**Brief**:
Starting with the line containing "unfolding try_acquire refill" and going on through the line containing "fuel added round bytes r", return the lines of the data below exactly, and only those.

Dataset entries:
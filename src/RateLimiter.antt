-- ===== src/RateLimiter.antt =====
-- include/lightkv/rate_limiter.h: the token bucket. What a Refill adds, the product of the rate and the
-- time since the last one in floating point, is a parameter for each round; 0 is a time too short.
pub mod Request
pub mod Examples
use lightkv.Prelude.{
  ℕ, zero, suc, ◌+◌, ◌-◌, ◌%◌, ◌^◌, min, Bool, true, false, Option, none, some, leb, ◌==◌,
  if◌then◌else◌,
}

pub record RateLimiter : Type 0 where
  pub rate : ℕ
  pub burst : ℕ
  pub available : ℕ

-- RateLimiter::RateLimiter
pub new_limiter : ℕ → ℕ → RateLimiter
new_limiter bytes_per_sec burst_size = record {
  rate = bytes_per_sec;
  burst = if burst_size == 0 then bytes_per_sec else burst_size;
  available = burst_size;
}

-- RateLimiter::Refill
pub refill : ℕ → RateLimiter → RateLimiter
refill added r =
    if added == 0 then r else record r { available = min r.burst ((r.available + added) % 2 ^ 64) }

-- RateLimiter::TryAcquire
pub try_acquire : ℕ → ℕ → RateLimiter → ℕ × RateLimiter
try_acquire added bytes r =
    let full = refill added r in
    let granted = min full.available bytes in
    (granted, record full { available = full.available - granted })

-- The loop of RateLimiter::Request, with the number of rounds it took. Other callers are left out: their
-- rounds take from `added`.
pub request_loop : ℕ → (ℕ → ℕ) → ℕ → ℕ → RateLimiter → Option (ℕ × RateLimiter)
request_loop zero added round bytes r = none
request_loop (suc fuel) added round bytes r =
    let (granted, r') = try_acquire (added round) bytes r in
    let rest = request_loop fuel added (round + 1) (bytes - granted) r' in
    if bytes == 0 then some (round, r) else if leb bytes granted then some (round + 1, r') else rest

-- RateLimiter::Request
pub request : ℕ → (ℕ → ℕ) → ℕ → RateLimiter → Option (ℕ × RateLimiter)
request fuel added bytes r = if r.rate == 0 then some (0, r) else request_loop fuel added 0 bytes r

-- RateLimiter::SetRate
pub set_rate : ℕ → ℕ → RateLimiter → RateLimiter
set_rate added bytes_per_sec r = record (refill added r) { rate = bytes_per_sec }
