-- ===== src/RateLimiter/Request.antt =====
-- A request ends, and what it lets through is bounded by what was refilled.
use lightkv.Prelude.{
  ℕ, zero, suc, ◌+◌, ◌-◌, ◌^◌, ◌≤◌, ◌<◌, ◌≡◌, inl, inr, refl, ◌∙◌, arith, false, Bool-cases, some,
  leb, ◌==◌,
}
use lightkv.RateLimiter.{RateLimiter, refill, try_acquire, request_loop, request}

-- What the rounds from `from` on add, `n` of them.
pub sum_added : (ℕ → ℕ) → ℕ → ℕ → ℕ
sum_added added from zero = 0
sum_added added from (suc n) = added from + sum_added added (from + 1) n

-- A bucket that can hold a byte, and refills that are not empty and stay in 64 bits.
pub record IsFlowing (added : ℕ → ℕ) (r : RateLimiter) : Type 0 where
  pub room : 1 ≤ r.burst
  pub filled : r.available ≤ r.burst
  pub some_added : (n : ℕ) → 1 ≤ added n
  pub no_overflow : (n : ℕ) → r.burst + added n < 2 ^ 64

-- What a request that ended did: the rounds it took, and the bytes that the bucket lost.
pub record IsServed (added : ℕ → ℕ) (round bytes : ℕ) (r : RateLimiter) (last : ℕ)
    (after : RateLimiter) : Type 0 where
  pub rounds : ℕ
  pub end_round : last ≡ round + rounds
  pub few : rounds ≤ bytes
  pub paid : bytes + after.available ≤ r.available + sum_added added round rounds
  pub same_burst : after.burst ≡ r.burst
  pub filled_after : after.available ≤ after.burst

acquire :
    (added bytes : ℕ) (r : RateLimiter)
    → 1 ≤ r.burst
    → r.available ≤ r.burst
    → 1 ≤ added
    → r.burst + added < 2 ^ 64
    → 1 ≤ bytes
    → (1 ≤ (try_acquire added bytes r).0)
      × ((try_acquire added bytes r).0 ≤ bytes)
      × ((try_acquire added bytes r).0 + (try_acquire added bytes r).1.available
          ≤ r.available + added)
      × ((try_acquire added bytes r).1.burst ≡ r.burst)
      × ((try_acquire added bytes r).1.available ≤ r.burst)
unfolding try_acquire refill
acquire added bytes r room filled positive_add small one =
    let positive : (added == 0) ≡ false = ground (arith, positive_add) in
    rw positive (omega arith, omega arith, omega arith, refl, omega arith)

loop_ends :
    (fuel : ℕ) (added : ℕ → ℕ) (round bytes : ℕ) (r : RateLimiter)
    → IsFlowing added r
    → bytes < fuel
    → (last : ℕ) × (after : RateLimiter) × (request_loop fuel added round bytes r
        ≡ some (last, after))
      × IsServed added round bytes r last after
unfolding request_loop sum_added
loop_ends zero added round bytes r flow small = absurd (omega arith)
loop_ends (suc fuel) added round bytes r flow small = elim (Bool-cases (bytes == 0)) [
  | inl nothing ↦ (
    round,
    r,
    rw nothing refl,
    record {
      rounds = 0;
      end_round = omega arith;
      few = omega arith;
      paid = ground arith;
      same_burst = refl;
      filled_after = flow.filled;
    },
  )
  | inr wanted ↦
      let one : 1 ≤ bytes = ground arith in
      let (some_granted, most, paid, burst, filled) =
        acquire (added round) bytes r flow.room flow.filled (flow.some_added round)
          (flow.no_overflow round) one in
      let granted = (try_acquire (added round) bytes r).0 in
      let r' = (try_acquire (added round) bytes r).1 in
      elim (Bool-cases (leb bytes granted)) [
        | inl enough ↦ (
          round + 1,
          r',
          rw wanted (rw enough refl),
          record {
            rounds = 1;
            end_round = refl;
            few = one;
            paid = ground (arith, paid);
            same_burst = burst;
            filled_after = omega (arith, burst, filled);
          },
        )
        | inr more ↦
            let still : IsFlowing added r' = record {
              room = omega (arith, burst, flow.room);
              filled = omega (arith, burst, filled);
              some_added = flow.some_added;
              no_overflow = λ n. omega (arith, burst, flow.no_overflow n);
            } in
            let (last, after, e, s) =
              loop_ends fuel added (round + 1) (bytes - granted) r' still
                (omega (arith, some_granted)) in
            (
              last,
              after,
              rw wanted (rw more e),
              record {
                rounds = suc s.rounds;
                end_round = omega (arith, s.end_round);
                few = omega (arith, s.few, some_granted, most);
                paid = omega (arith, s.paid, paid, most);
                same_burst = s.same_burst ∙ burst;
                filled_after = s.filled_after;
              },
            )
      ]
]

-- A Request returns: where every refill adds a byte at least and the bucket can hold one, as many rounds
-- as there are bytes, and one more to see the end, are enough. The bytes it lets through and those that
-- stay in the bucket are no more than what was there and what its rounds added, and the bucket stays
-- within its size.
pub request_ends :
    (added : ℕ → ℕ) (bytes : ℕ) (r : RateLimiter)
    → 0 < r.rate
    → IsFlowing added r
    → (last : ℕ) × (after : RateLimiter) × (request (bytes + 1) added bytes r ≡ some (last, after))
      × IsServed added 0 bytes r last after
unfolding request
request_ends added bytes r limited flow =
    let on : (r.rate == 0) ≡ false = ground arith in
    let (last, after, e, s) = loop_ends (bytes + 1) added 0 bytes r flow (omega arith) in
    (last, after, rw on e, s)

**Result**:
unfolding try_acquire refill
acquire added bytes r room filled positive_add small one =
    let positive : (added == 0) ≡ false = ground (arith, positive_add) in
    rw positive (omega arith, omega arith, omega arith, refl, omega arith)

loop_ends :
    (fuel : ℕ) (added : ℕ → ℕ) (round bytes : ℕ) (r : RateLimiter)
    → IsFlowing added r
    → bytes < fuel
    → (last : ℕ) × (after : RateLimiter) × (request_loop fuel added round bytes r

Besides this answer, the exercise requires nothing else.